具有抛物界面不连续的孔弹性-柔性磁层状波导结构中sh波动力学模型

这项研究探索了剪切水平波（SH）的行为，因为它们通过一个独特的尺寸相关配置传播，其中流体饱和的非局部裂隙多孔材料层覆盖在由非局部柔性磁性材料组成的基底上。重点分析了抛物界面的不规则性、非局域性和柔性磁效应如何共同影响sh波行为。通过应用傅里叶变换和微扰技术，确定了复频率关系来描述sh波在不规则界面上的传播。从频率关系的实分量和虚分量中提取波的色散和阻尼特性。关键参数，如柔磁系数，界面形状不规则，孔隙度，压磁特性和非局域性，评估了它们对波传播的影响。结果表明，抛物界面的不均匀性和柔性磁效应显著地改变了sh波色散和阻尼特性。该研究强调了波在这种复杂的层状系统中传播的物质依赖性质，并通过与现有波传播理论的一致性验证了所提出的模型。

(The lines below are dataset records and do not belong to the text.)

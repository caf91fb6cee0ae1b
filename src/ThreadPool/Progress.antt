-- ===== src/ThreadPool/Progress.antt =====
-- No task is stuck in the queue.
use swishxx.Common.{
  ℕ, ◌+◌, ◌-◌, ◌≤◌, ◌≡◌, refl, ap, ◌∙◌, arith, Bool, true, false, List, [], ◌∷◌, ◌++◌, length,
  Bool-cases, inl, inr, append_assoc,
}
use mathlib.Core.Path.{subst}
use swishxx.ThreadPool.Moves.{has_lock, count, bit, count-append_nil}
use swishxx.ThreadPool.Invariant.{Reach-Inv}
use swishxx.ThreadPool.Signals.{is_awake, Reach-IsHeard}
use swishxx.ThreadPool.{
  Pc, top, dying, woken, testing, taken, busy, Client, Pool, State, set_q_locked, set_t_busy,
  lock_queue, wake_up, pop_task, start_task, end_task, ThreadStep, thread_moves, thread_ends, Reach,
}

-- Any number of steps of the threads from a state: no wait ends but by a signal that was sent before, and the client
-- does nothing.
pub data ThreadSteps (min_threads : ℕ) (s : State) : State → Type 0 where
  here : ThreadSteps min_threads s s
  next :
      {t u : State}
      → ThreadSteps min_threads s t
      → ThreadStep min_threads t u
      → ThreadSteps min_threads s u

-- Some steps of the threads take just this task.
abbrev pub CanTake : ℕ → State → ℕ → Type 0
CanTake min_threads s task =
    (t : State) × (ThreadSteps min_threads s t × (t.pool.popped ≡ s.pool.popped ++ (task ∷ [])))

module _ {min_threads : ℕ} where
  chain :
      {s t u : State}
      → ThreadSteps min_threads s t
      → ThreadSteps min_threads t u
      → ThreadSteps min_threads s u
  chain a here = a
  chain a (next b st) = next (chain a b) st

  -- A first step that takes nothing.
  after :
      {s t : State} (task : ℕ)
      → ThreadStep min_threads s t
      → t.pool.popped ≡ s.pool.popped
      → CanTake min_threads t task
      → CanTake min_threads s task
  after task st e (u, (steps, p)) =
      (u, (chain (next here st) steps, p ∙ ap (λ x. x ++ (task ∷ [])) e))

  -- The thread comes to the test of the queue and takes it.
  module _ (front back : List Pc) (c : Client) (task : ℕ) (queue : List ℕ) where
    owner_takes :
        (p : Pool) (b : Bool)
        → p.queue ≡ task ∷ queue
        → CanTake min_threads
            (record { pool = p; threads = front ++ (testing b ∷ back); client = c })
            task
    owner_takes p b e = (_, (next here (thread_moves front back (pop_task e)), refl))

    woken_takes :
        (p : Pool) (b : Bool)
        → p.q_locked ≡ false
        → p.queue ≡ task ∷ queue
        → CanTake min_threads
            (record { pool = p; threads = front ++ (woken b ∷ back); client = c })
            task
    woken_takes p b free e =
        after task (thread_moves front back (wake_up free)) refl
          (owner_takes (set_q_locked true p) b e)

    top_takes :
        (p : Pool)
        → p.q_locked ≡ false
        → p.queue ≡ task ∷ queue
        → CanTake min_threads
            (record { pool = p; threads = front ++ (top ∷ back); client = c })
            task
    top_takes p free e =
        after task (thread_moves front back (lock_queue free)) refl
          (owner_takes (set_q_locked true p) false e)

    busy_takes :
        (p : Pool) (other : ℕ)
        → p.q_locked ≡ false
        → p.queue ≡ task ∷ queue
        → CanTake min_threads
            (record { pool = p; threads = front ++ (busy other ∷ back); client = c })
            task
    busy_takes p other free e =
        after task (thread_moves front back end_task) refl
          (top_takes (set_t_busy (p.t_busy - 1) p) free e)

    taken_takes :
        (p : Pool) (other : ℕ)
        → p.q_locked ≡ false
        → p.queue ≡ task ∷ queue
        → CanTake min_threads
            (record { pool = p; threads = front ++ (taken other ∷ back); client = c })
            task
    taken_takes p other free e =
        after task (thread_moves front back start_task) refl
          (busy_takes (set_t_busy (p.t_busy + 1) p) other free e)

  -- The same state, with the thread among those in front.
  shift :
      (p : Pool) (c : Client) (task : ℕ) (front : List Pc) (pc : Pc) (back : List Pc)
      → CanTake min_threads
          (record { pool = p; threads = (front ++ (pc ∷ [])) ++ back; client = c })
          task
      → CanTake min_threads (record { pool = p; threads = front ++ (pc ∷ back); client = c }) task
  shift p c task front pc back h =
      subst (λ x. CanTake min_threads (record { pool = p; threads = x; client = c }) task)
        (append_assoc front (pc ∷ []) back) h

  module _ (c : Client) (task : ℕ) (queue : List ℕ) where
    -- If no thread has the lock, the first that is awake takes it.
    free_takes :
        (p : Pool) (front threads : List Pc)
        → 1 ≤ count is_awake threads
        → count has_lock threads ≡ 0
        → p.q_locked ≡ false
        → p.queue ≡ task ∷ queue
        → CanTake min_threads (record { pool = p; threads = front ++ threads; client = c }) task
    free_takes p front [] a h free e = absurd (omega arith)
    free_takes p front (top ∷ back) a h free e = top_takes front back c task queue p free e
    free_takes p front (woken b ∷ back) a h free e = woken_takes front back c task queue p b free e
    free_takes p front (taken t ∷ back) a h free e = taken_takes front back c task queue p t free e
    free_takes p front (busy t ∷ back) a h free e = busy_takes front back c task queue p t free e
    free_takes p front (testing b ∷ back) a h free e = absurd (omega arith)
    free_takes p front (dying ∷ back) a h free e = absurd (omega arith)
    free_takes p front (pc ∷ back) a h free e =
        shift p c task front pc back
          (free_takes p (front ++ (pc ∷ [])) back (omega arith) (omega arith) free e)

    -- The thread that has the lock takes it, or ends.
    owned_takes :
        (p : Pool) (front threads : List Pc)
        → count has_lock front ≡ 0
        → count has_lock threads ≡ 1
        → 1 ≤ count is_awake front + count is_awake threads
        → p.queue ≡ task ∷ queue
        → CanTake min_threads (record { pool = p; threads = front ++ threads; client = c }) task
    owned_takes p front [] f h a e = absurd (omega arith)
    owned_takes p front (testing b ∷ back) f h a e = owner_takes front back c task queue p b e
    owned_takes p front (dying ∷ back) f h a e = after task (thread_ends front back) refl (
        free_takes (set_q_locked false p) [] (front ++ back)
          (omega (arith, count-append_nil is_awake front back))
          (omega (arith, count-append_nil has_lock front back)) refl e)
    owned_takes p front (pc ∷ back) f h a e =
        let locks = count-append_nil has_lock front (pc ∷ []) in
        let awake = count-append_nil is_awake front (pc ∷ []) in
        shift p c task front pc back (
          owned_takes p (front ++ (pc ∷ [])) back (omega (arith, locks)) (omega arith)
            (omega (arith, awake)) e)

-- In every state that a pool with one thread at least comes to, with tasks in the queue, some steps of its threads
-- alone take just the first of them: no thread has to be woken by a signal that is still to come, by a
-- time-out or by chance, so `q_lock_` is not stuck and no signal of `q_not_empty_` was lost.
pub Reach-CanTake :
    {min_threads max_threads : ℕ} {s : State} (task : ℕ) (queue : List ℕ)
    → 1 ≤ min_threads
    → min_threads ≤ max_threads
    → Reach min_threads max_threads s
    → s.pool.queue ≡ task ∷ queue
    → CanTake min_threads s task
Reach-CanTake {s} task queue one bound r e =
    let inv = Reach-Inv one bound r in
    let awake = Reach-IsHeard one bound r (omega (arith, ap length e)) in
    elim (Bool-cases s.pool.q_locked) [
      | inl y ↦
          owned_takes s.client task queue s.pool [] s.threads refl (inv.owned ∙ ap bit y)
            (omega (arith, awake)) e
      | inr n ↦ free_takes s.client task queue s.pool [] s.threads awake (inv.owned ∙ ap bit n) n e
    ]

本文章由计算机程序翻译，如有差异，请以英文原文为准。

求助全文

约1分钟内获得全文求助全文

来源期刊

Applied Mathematical Modelling 数学-工程：综合

CiteScore

9.80

自引率

8.00%

发文量

508

审稿时长

43 days

期刊介绍： Applied Mathematical Modelling focuses on research related to the mathematical modelling of engineering and environmental processes, manufacturing, and industrial systems. A significant emerging area of research activity involves multiphysics processes, and contributions in this area are particularly encouraged. This influential publication covers a wide spectrum of subjects including heat transfer, fluid mechanics, CFD, and transport phenomena; solid mechanics and mechanics of metals; electromagnets and MHD; reliability modelling and system optimization; finite volume, finite element, and boundary element procedures; modelling of inventory, industrial, manufacturing and logistics systems for viable decision making; civil engineering systems and structures; mineral and energy resources; relevant software engineering issues associated with CAD and CAE; and materials and metallurgical engineering. Applied Mathematical Modelling is primarily interested in papers developing increased insights into real-world problems through novel mathematical modelling, novel applications or a combination of these. Papers employing existing numerical techniques must demonstrate sufficient novelty in the solution of practical problems. Papers on fuzzy logic in decision-making or purely financial mathematics are normally not considered. Research on fractional differential equations, bifurcation, and numerical methods needs to include practical examples. Population dynamics must solve realistic scenarios. Papers in the area of logistics and business modelling should demonstrate meaningful managerial insight. Submissions with no real-world application will not be considered.